Aufbau der Montage: Die zweite Montage ist ganz anders aufgebaut als die Erste. Zunächst montierst du statt der Pose einen Sbirolino. Das Gewicht sollte hier von der vorherrschenden Gewässertiefe und Wurfweite abhängig gemacht werden. An großen Gewässern musst du wohlmöglich weiter werfen, als an kleinen Anlagen. Empfehlenswert sind Modelle zwischen 10 und 30 Gramm. Unsere Sbirolinos sind so konzipiert, dass sie trotz der unterschiedlichen Gewichte auch in verschiedenen Gewässertiefen laufen können. Das ermöglicht auch an großen Gewässern eine flache Köderführung und umgekehrt. Hinter dem Sbirolino wird kein Glasgewicht angebracht. Der Rest ist identisch wie bei der ersten Montage. Eine Übersicht unserer Sbirolinos erhältst du in der nächsten Grafik.

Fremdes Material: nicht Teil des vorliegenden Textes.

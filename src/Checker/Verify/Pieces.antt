-- ===== src/Checker/Verify/Pieces.antt =====
-- Which pieces `verify_all_pieces` reports.
use torrent_builder.Common.{
  ℕ, zero, suc, ◌+◌, ◌*◌, ◌≤◌, ◌<◌, ◌≡◌, ◌↔◌, ◌⊎◌, inl, inr, refl, ◌==◌, ==_iff, sym, ap, ◌∙◌,
  subst, arith, List, [], ◌∷◌, true, false, Bool-cases, length,
}
use torrent_builder.Checker.{Disk}
use torrent_builder.Checker.Verify.{
  CorruptedPiece, TorrentInfo, Hashers, piece_ok, verify_loop, verify_all_pieces,
}

-- The list has a report with this index and its offset.
abbrev pub IsReported : ℕ → ℕ → List CorruptedPiece → Type 0
IsReported i offset [] = ⊥
IsReported i offset (cp ∷ cps) = ((cp.index ≡ i) × (cp.offset ≡ offset)) ⊎ IsReported i offset cps

module _ (hashers : Hashers) (info : TorrentInfo) (disk : Disk) where
  verify_loop_ok :
      (count i : ℕ)
      → piece_ok hashers info disk i ≡ true
      → verify_loop hashers info disk (suc count) i ≡ verify_loop hashers info disk count (i + 1)
  unfolding verify_loop
  verify_loop_ok count i h = rw h refl

  verify_loop_bad :
      (count i : ℕ)
      → piece_ok hashers info disk i ≡ false
      → verify_loop hashers info disk (suc count) i
        ≡ record { index = i; offset = i * info.piece_length }
          ∷ verify_loop hashers info disk count (i + 1)
  unfolding verify_loop
  verify_loop_bad count i h = rw h refl

  loop_reports :
      (count i j : ℕ)
      → i ≤ j
      → j < i + count
      → piece_ok hashers info disk j ≡ false
      → IsReported j (j * info.piece_length) (verify_loop hashers info disk count i)
  loop_reports zero i j ge lt bad = absurd (omega (arith, ge, lt))
  loop_reports (suc count) i j ge lt bad = elim (Bool-cases (i == j)) [
    | inl e ↦
        let here : i ≡ j = (==_iff i j).0 e in
        subst (IsReported j (j * info.piece_length))
          (sym (
            verify_loop_bad count i
              (subst (λ k. piece_ok hashers info disk k ≡ false) (sym here) bad)))
          (inl (here, ap (λ k. k * info.piece_length) here))
    | inr e ↦
        let later : i + 1 ≤ j = ground (arith, ge) in
        let rest : IsReported j (j * info.piece_length)
            (verify_loop hashers info disk count (i + 1)) =
          loop_reports count (i + 1) j later (omega (arith, lt)) bad in
        (elim (Bool-cases (piece_ok hashers info disk i)) [
          | inl ok ↦ subst (IsReported j _) (sym (verify_loop_ok count i ok)) rest
          | inr wrong ↦ subst (IsReported j _) (sym (verify_loop_bad count i wrong)) (inr rest)
        ])
  ]

  loop_bad :
      (count i j offset : ℕ)
      → IsReported j offset (verify_loop hashers info disk count i)
      → (i ≤ j)
        × (j < i + count)
        × (offset ≡ j * info.piece_length)
        × (piece_ok hashers info disk j ≡ false)
  loop_bad zero i j offset h = absurd (unfold verify_loop in h)
  loop_bad (suc count) i j offset h = elim (Bool-cases (piece_ok hashers info disk i)) [
    | inl ok ↦
        let (ge, lt, at, bad) =
          loop_bad count (i + 1) j offset
            (subst (IsReported j offset) (verify_loop_ok count i ok) h) in
        (omega (arith, ge), omega (arith, lt), at, bad)
    | inr wrong ↦ elim (subst (IsReported j offset) (verify_loop_bad count i wrong) h) [
      | inl (same, at) ↦ (
        omega (arith, same),
        omega (arith, same),
        sym at ∙ ap (λ k. k * info.piece_length) same,
        subst (λ k. piece_ok hashers info disk k ≡ false) same wrong,
      )
      | inr more ↦
          let (ge, lt, at, bad) = loop_bad count (i + 1) j offset more in
          (omega (arith, ge), omega (arith, lt), at, bad)
    ]
  ]

  pub length-verify_loop : (count i : ℕ) → length (verify_loop hashers info disk count i) ≤ count
  unfolding verify_loop
  length-verify_loop zero i = omega arith
  length-verify_loop (suc count) i = ground (arith, length-verify_loop count (i + 1))

  -- A piece is reported exactly if it is one of the torrent and its verification fails, at its index
  -- times the piece length; there are no more reports than pieces.
  pub verify_all_pieces-IsReported :
      ((j offset : ℕ)
        → IsReported j offset (verify_all_pieces hashers info disk) ↔ (
            (j < info.num_pieces)
            × (offset ≡ j * info.piece_length)
            × (piece_ok hashers info disk j ≡ false)))
      × (length (verify_all_pieces hashers info disk) ≤ info.num_pieces)
  unfolding verify_all_pieces
  verify_all_pieces-IsReported = (
    λ j offset. (sound j offset, λ (lt, at, bad). complete j offset lt at bad),
    length-verify_loop info.num_pieces 0,
  )
    where
      sound :
          (j offset : ℕ)
          → IsReported j offset (verify_all_pieces hashers info disk)
          → (j < info.num_pieces)
            × (offset ≡ j * info.piece_length)
            × (piece_ok hashers info disk j ≡ false)
      sound j offset h =
          let (ge, lt, at, bad) = loop_bad info.num_pieces 0 j offset h in
          (omega (arith, lt), at, bad)

      complete :
          (j offset : ℕ)
          → j < info.num_pieces
          → offset ≡ j * info.piece_length
          → piece_ok hashers info disk j ≡ false
          → IsReported j offset (verify_all_pieces hashers info disk)
      complete j offset lt at bad =
          subst (λ o. IsReported j o (verify_all_pieces hashers info disk)) (sym at)
            (loop_reports info.num_pieces 0 j (omega arith) (omega (arith, lt)) bad)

Führungstechnik: Auch bei der zweiten Montage wird aktiv auf Forelle gefischt. Das heißt du wirfst Sie wieder an eine beliebige Stelle im Teich und ziehst sie anschließend langsam an dich heran. Forellen lassen sich durch die Bewegung des Propellers auch aus weiter Entfernung anlocken.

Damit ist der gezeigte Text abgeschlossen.